● **What to produce**:
Return verbatim the line containing "after_target_update-Kept (record c" together with all lines that follow it, through the end of the records.

● **Data for review**:
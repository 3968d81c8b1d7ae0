-- ===== src/Rotation/Target.antt =====
-- internal/common/rotation/rotation.go: the target of a commit that reports no rotation.
use c5c3_forge.Prelude.{
  ℕ, ◌≡◌, refl, Bool, true, false, not, ◌&&◌, Option, none, some, if_cases, str_eq,
}
use c5c3_forge.Kube.Error.{Error, Answer, ok, err, is_not_found, is_conflict}
use c5c3_forge.Rotation.{
  Secret, SecretClient, annotation_of, CommitSpec, Commit, already_committed, committed, finished,
  after_staging_delete, after_target_update, by_validity, by_time, commit_staged,
}

module _ {W : Type 0} (client : SecretClient W) (spec : CommitSpec) (target : Secret) where
  -- Where no rotation is reported, the target in memory is this one.
  abbrev Kept : Commit W × Answer Bool → Type 0
  Kept r = r.1 ≡ ok false → r.0.target ≡ target

  finished-Kept :
      (already : Bool) (c : Commit W)
      → (already ≡ true → c.target ≡ target)
      → Kept (finished client spec already c)
  finished-Kept true c h _ = h refl
  finished-Kept false c h e = absurd (cc e)

  after_staging_delete-Kept :
      (already : Bool) (c : Commit W) (r : W × Option Error)
      → (already ≡ true → c.target ≡ target)
      → Kept (after_staging_delete client spec already c r)
  after_staging_delete-Kept already c (w, none) h =
      finished-Kept already (record c { cluster = w }) h
  after_staging_delete-Kept already c (w, some e) h =
      if_cases {A = Commit W × Answer Bool} Kept (not (is_not_found e) && not (is_conflict e))
        (λ _ x. absurd (cc x)) (λ _. finished-Kept already (record c { cluster = w }) h)

  after_target_update-Kept :
      (c : Commit W) (r : W × Option Error) → Kept (after_target_update client spec c r)
  after_target_update-Kept c (w, some e) = λ x. absurd (cc x)
  after_target_update-Kept c (w, none) =
      after_staging_delete-Kept false (record c { cluster = w })
        (client.delete_unchanged w c.staging) (λ x. absurd (cc x))

  by_validity-Kept :
      (c : Commit W) (v : Option Error) → c.target ≡ target → Kept (by_validity client spec c v)
  by_validity-Kept c (some e) h =
      if_cases {A = Commit W × Answer Bool} Kept spec.clear_staging_on_reject (λ _ _. h) (λ _ _. h)
  by_validity-Kept c none h =
      if_cases {A = Commit W × Answer Bool} Kept (already_committed client spec c.staging c.target)
        (λ _.
          after_staging_delete-Kept true c (client.delete_unchanged c.cluster c.staging) (λ _. h))
        (λ _.
          after_target_update-Kept (record c { target = committed client spec c.staging c.target })
            (client.update c.cluster (committed client spec c.staging c.target)))

  by_time-Kept : (c : Commit W) (a : Answer ℕ) → c.target ≡ target → Kept (by_time client spec c a)
  by_time-Kept c (err e) h = λ _. h
  by_time-Kept c (ok t) h = by_validity-Kept c (spec.validate c.staging.payload) h

  pub commit_staged-Kept : (c : Commit W) → c.target ≡ target → Kept (commit_staged client spec c)
  unfolding commit_staged
  commit_staged-Kept c h =
      if_cases {A = Commit W × Answer Bool} Kept (str_eq (annotation_of c.staging) "") (λ _ _. h)
        (λ _. by_time-Kept c (client.parse_time (annotation_of c.staging)) h)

● **Result of this task**:
          after_target_update-Kept (record c { target = committed client spec c.staging c.target })
            (client.update c.cluster (committed client spec c.staging c.target)))

  by_time-Kept : (c : Commit W) (a : Answer ℕ) → c.target ≡ target → Kept (by_time client spec c a)
  by_time-Kept c (err e) h = λ _. h
  by_time-Kept c (ok t) h = by_validity-Kept c (spec.validate c.staging.payload) h

  pub commit_staged-Kept : (c : Commit W) → c.target ≡ target → Kept (commit_staged client spec c)
  unfolding commit_staged
  commit_staged-Kept c h =
      if_cases {A = Commit W × Answer Bool} Kept (str_eq (annotation_of c.staging) "") (λ _ _. h)
        (λ _. by_time-Kept c (client.parse_time (annotation_of c.staging)) h)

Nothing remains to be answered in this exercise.